+++ Data to use

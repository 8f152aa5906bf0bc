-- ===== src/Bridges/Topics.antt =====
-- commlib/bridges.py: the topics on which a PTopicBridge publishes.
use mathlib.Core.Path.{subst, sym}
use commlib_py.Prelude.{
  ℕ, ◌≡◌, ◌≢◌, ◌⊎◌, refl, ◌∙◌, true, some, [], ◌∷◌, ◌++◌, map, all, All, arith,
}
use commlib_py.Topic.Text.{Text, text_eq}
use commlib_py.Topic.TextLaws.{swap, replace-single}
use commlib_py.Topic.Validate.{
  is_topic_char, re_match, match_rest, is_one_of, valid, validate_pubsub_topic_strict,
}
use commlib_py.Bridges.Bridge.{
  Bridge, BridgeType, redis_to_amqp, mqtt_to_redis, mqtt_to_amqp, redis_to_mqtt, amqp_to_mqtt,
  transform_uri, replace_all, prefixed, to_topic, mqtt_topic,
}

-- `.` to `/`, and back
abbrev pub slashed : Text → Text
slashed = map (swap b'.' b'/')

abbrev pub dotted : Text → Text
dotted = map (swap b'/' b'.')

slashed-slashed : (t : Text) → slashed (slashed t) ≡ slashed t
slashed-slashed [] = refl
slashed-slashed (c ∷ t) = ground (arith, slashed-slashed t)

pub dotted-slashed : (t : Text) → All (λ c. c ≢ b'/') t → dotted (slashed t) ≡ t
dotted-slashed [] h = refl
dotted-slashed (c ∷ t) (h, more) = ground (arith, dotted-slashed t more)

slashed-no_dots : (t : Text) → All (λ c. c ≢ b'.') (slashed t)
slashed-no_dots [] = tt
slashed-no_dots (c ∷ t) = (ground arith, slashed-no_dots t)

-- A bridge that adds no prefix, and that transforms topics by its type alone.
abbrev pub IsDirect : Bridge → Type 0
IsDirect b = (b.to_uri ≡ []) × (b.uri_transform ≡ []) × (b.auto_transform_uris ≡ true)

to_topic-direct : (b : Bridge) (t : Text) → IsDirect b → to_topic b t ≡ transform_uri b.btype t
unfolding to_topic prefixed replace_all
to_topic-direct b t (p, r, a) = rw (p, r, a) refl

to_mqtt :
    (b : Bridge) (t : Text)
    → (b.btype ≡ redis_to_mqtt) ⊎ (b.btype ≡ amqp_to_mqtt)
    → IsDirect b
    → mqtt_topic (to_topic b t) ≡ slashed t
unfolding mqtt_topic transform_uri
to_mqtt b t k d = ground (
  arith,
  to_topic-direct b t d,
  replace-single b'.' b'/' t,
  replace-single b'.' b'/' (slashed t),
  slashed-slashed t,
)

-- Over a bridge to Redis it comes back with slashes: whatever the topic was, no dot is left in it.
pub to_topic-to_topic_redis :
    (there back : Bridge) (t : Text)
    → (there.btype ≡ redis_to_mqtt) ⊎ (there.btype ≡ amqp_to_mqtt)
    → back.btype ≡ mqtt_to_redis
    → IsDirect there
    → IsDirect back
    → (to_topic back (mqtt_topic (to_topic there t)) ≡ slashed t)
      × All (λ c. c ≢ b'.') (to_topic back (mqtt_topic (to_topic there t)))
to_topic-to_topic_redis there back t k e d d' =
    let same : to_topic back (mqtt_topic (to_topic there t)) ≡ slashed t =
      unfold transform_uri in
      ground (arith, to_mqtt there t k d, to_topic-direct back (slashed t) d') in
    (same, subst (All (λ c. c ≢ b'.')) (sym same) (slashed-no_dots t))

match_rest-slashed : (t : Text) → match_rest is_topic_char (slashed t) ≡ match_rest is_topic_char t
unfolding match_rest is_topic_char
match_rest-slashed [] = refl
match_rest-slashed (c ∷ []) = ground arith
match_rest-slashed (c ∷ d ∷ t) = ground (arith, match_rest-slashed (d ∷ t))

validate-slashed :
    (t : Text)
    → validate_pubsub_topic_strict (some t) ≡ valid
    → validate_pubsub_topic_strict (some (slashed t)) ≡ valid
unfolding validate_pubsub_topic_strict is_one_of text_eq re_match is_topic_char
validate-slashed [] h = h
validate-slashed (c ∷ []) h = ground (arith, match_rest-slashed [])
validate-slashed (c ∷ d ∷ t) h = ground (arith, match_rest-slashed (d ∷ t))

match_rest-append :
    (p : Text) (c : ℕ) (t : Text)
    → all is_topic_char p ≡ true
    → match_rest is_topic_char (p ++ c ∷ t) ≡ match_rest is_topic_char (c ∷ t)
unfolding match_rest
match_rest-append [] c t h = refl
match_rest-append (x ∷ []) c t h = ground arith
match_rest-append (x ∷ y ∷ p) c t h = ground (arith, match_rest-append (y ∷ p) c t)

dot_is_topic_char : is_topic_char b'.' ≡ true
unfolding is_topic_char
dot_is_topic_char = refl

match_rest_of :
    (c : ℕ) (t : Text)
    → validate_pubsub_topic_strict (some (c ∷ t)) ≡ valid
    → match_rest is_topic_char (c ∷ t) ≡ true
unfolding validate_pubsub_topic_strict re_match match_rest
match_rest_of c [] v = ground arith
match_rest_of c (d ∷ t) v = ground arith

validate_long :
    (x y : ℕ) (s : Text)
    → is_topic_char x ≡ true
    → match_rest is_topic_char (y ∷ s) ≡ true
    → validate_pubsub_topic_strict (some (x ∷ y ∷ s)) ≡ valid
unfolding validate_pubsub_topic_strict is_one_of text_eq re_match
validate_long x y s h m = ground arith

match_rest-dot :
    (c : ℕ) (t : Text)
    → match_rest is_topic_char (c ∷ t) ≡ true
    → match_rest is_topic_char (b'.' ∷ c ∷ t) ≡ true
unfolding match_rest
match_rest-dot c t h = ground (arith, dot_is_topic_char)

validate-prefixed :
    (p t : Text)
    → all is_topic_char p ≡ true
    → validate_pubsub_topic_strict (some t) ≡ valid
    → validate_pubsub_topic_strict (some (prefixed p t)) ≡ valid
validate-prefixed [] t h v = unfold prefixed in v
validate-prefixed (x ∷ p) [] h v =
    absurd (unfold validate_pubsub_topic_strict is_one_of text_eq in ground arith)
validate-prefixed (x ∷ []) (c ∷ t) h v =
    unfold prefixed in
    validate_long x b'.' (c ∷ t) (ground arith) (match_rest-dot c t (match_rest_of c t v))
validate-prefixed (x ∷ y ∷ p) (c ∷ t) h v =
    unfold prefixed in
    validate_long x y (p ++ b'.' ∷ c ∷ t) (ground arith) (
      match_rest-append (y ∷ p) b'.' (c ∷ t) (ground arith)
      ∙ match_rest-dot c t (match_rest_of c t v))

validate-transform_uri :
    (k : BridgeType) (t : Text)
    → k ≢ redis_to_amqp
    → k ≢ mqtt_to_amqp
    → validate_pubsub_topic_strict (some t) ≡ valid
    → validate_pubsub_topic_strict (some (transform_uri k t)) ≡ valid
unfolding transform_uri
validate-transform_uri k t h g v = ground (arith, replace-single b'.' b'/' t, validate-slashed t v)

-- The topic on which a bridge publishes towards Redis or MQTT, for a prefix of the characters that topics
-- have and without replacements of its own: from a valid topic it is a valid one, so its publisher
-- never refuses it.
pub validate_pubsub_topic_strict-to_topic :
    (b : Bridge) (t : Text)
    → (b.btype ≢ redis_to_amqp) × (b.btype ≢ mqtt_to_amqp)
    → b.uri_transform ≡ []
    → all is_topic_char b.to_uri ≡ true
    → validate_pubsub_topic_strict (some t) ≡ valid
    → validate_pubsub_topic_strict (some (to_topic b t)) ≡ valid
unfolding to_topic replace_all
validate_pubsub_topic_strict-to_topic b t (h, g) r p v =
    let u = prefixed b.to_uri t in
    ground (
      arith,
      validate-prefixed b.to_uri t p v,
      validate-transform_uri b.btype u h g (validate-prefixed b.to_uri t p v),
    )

++++++
+++ Data to use

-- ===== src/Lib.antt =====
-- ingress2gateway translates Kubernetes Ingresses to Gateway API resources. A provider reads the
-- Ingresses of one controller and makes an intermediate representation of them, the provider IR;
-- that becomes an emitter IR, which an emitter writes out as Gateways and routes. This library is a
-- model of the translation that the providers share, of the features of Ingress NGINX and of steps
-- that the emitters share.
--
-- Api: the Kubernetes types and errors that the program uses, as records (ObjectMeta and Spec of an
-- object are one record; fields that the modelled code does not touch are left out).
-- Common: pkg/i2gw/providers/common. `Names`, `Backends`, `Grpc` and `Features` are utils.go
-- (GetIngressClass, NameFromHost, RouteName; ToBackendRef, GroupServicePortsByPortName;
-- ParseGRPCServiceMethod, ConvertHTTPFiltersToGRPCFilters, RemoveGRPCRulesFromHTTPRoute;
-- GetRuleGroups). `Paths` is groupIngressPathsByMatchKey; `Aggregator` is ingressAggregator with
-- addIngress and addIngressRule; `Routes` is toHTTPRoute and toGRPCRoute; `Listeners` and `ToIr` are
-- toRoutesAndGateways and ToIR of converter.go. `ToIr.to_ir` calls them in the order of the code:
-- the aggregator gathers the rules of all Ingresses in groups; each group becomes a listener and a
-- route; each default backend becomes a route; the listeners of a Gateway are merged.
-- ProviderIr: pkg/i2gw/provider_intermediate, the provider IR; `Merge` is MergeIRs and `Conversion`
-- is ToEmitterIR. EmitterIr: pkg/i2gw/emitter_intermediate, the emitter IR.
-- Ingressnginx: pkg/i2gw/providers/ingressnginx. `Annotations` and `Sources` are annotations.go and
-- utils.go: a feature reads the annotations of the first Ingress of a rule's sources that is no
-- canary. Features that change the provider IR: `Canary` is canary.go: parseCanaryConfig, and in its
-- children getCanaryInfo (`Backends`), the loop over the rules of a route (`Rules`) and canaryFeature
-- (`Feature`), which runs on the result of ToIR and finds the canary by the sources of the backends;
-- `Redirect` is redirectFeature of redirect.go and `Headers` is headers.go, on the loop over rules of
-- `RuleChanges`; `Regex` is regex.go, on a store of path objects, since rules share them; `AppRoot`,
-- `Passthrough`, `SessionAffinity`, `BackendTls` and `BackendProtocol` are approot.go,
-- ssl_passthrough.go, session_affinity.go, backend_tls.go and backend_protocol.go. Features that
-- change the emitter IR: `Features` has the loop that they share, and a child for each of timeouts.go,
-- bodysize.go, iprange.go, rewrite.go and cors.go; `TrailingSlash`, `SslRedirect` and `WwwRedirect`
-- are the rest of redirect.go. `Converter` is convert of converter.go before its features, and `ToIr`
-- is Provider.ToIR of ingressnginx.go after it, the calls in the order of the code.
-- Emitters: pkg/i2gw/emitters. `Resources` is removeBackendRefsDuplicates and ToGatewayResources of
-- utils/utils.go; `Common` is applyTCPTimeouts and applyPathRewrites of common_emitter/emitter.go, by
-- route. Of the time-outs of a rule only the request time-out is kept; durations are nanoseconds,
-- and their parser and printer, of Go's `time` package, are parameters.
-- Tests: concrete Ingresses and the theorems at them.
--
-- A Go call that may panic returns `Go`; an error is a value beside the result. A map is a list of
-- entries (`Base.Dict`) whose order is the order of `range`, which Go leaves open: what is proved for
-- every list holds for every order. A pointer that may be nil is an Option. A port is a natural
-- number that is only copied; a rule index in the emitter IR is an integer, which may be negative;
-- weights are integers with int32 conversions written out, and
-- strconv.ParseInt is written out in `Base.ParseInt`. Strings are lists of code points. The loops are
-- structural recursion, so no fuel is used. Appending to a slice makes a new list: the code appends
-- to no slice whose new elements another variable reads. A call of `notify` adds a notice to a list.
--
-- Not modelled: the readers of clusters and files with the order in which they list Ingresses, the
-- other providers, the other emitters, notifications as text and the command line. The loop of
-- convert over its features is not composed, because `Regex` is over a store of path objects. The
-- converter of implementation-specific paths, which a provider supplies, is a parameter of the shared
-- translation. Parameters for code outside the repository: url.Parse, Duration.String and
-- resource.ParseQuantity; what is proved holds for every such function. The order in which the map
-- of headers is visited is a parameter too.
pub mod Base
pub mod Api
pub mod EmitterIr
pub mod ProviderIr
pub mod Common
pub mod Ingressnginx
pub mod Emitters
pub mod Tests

++++++

- [Exercise description] Could you restate, word for word, the lines above from the one with "let same : to_topic" to the one with "(slashed t)) ≡ valid", both included?

- [Reply]
    let same : to_topic back (mqtt_topic (to_topic there t)) ≡ slashed t =
      unfold transform_uri in
      ground (arith, to_mqtt there t k d, to_topic-direct back (slashed t) d') in
    (same, subst (All (λ c. c ≢ b'.')) (sym same) (slashed-no_dots t))

match_rest-slashed : (t : Text) → match_rest is_topic_char (slashed t) ≡ match_rest is_topic_char t
unfolding match_rest is_topic_char
match_rest-slashed [] = refl
match_rest-slashed (c ∷ []) = ground arith
match_rest-slashed (c ∷ d ∷ t) = ground (arith, match_rest-slashed (d ∷ t))

validate-slashed :
    (t : Text)
    → validate_pubsub_topic_strict (some t) ≡ valid
    → validate_pubsub_topic_strict (some (slashed t)) ≡ valid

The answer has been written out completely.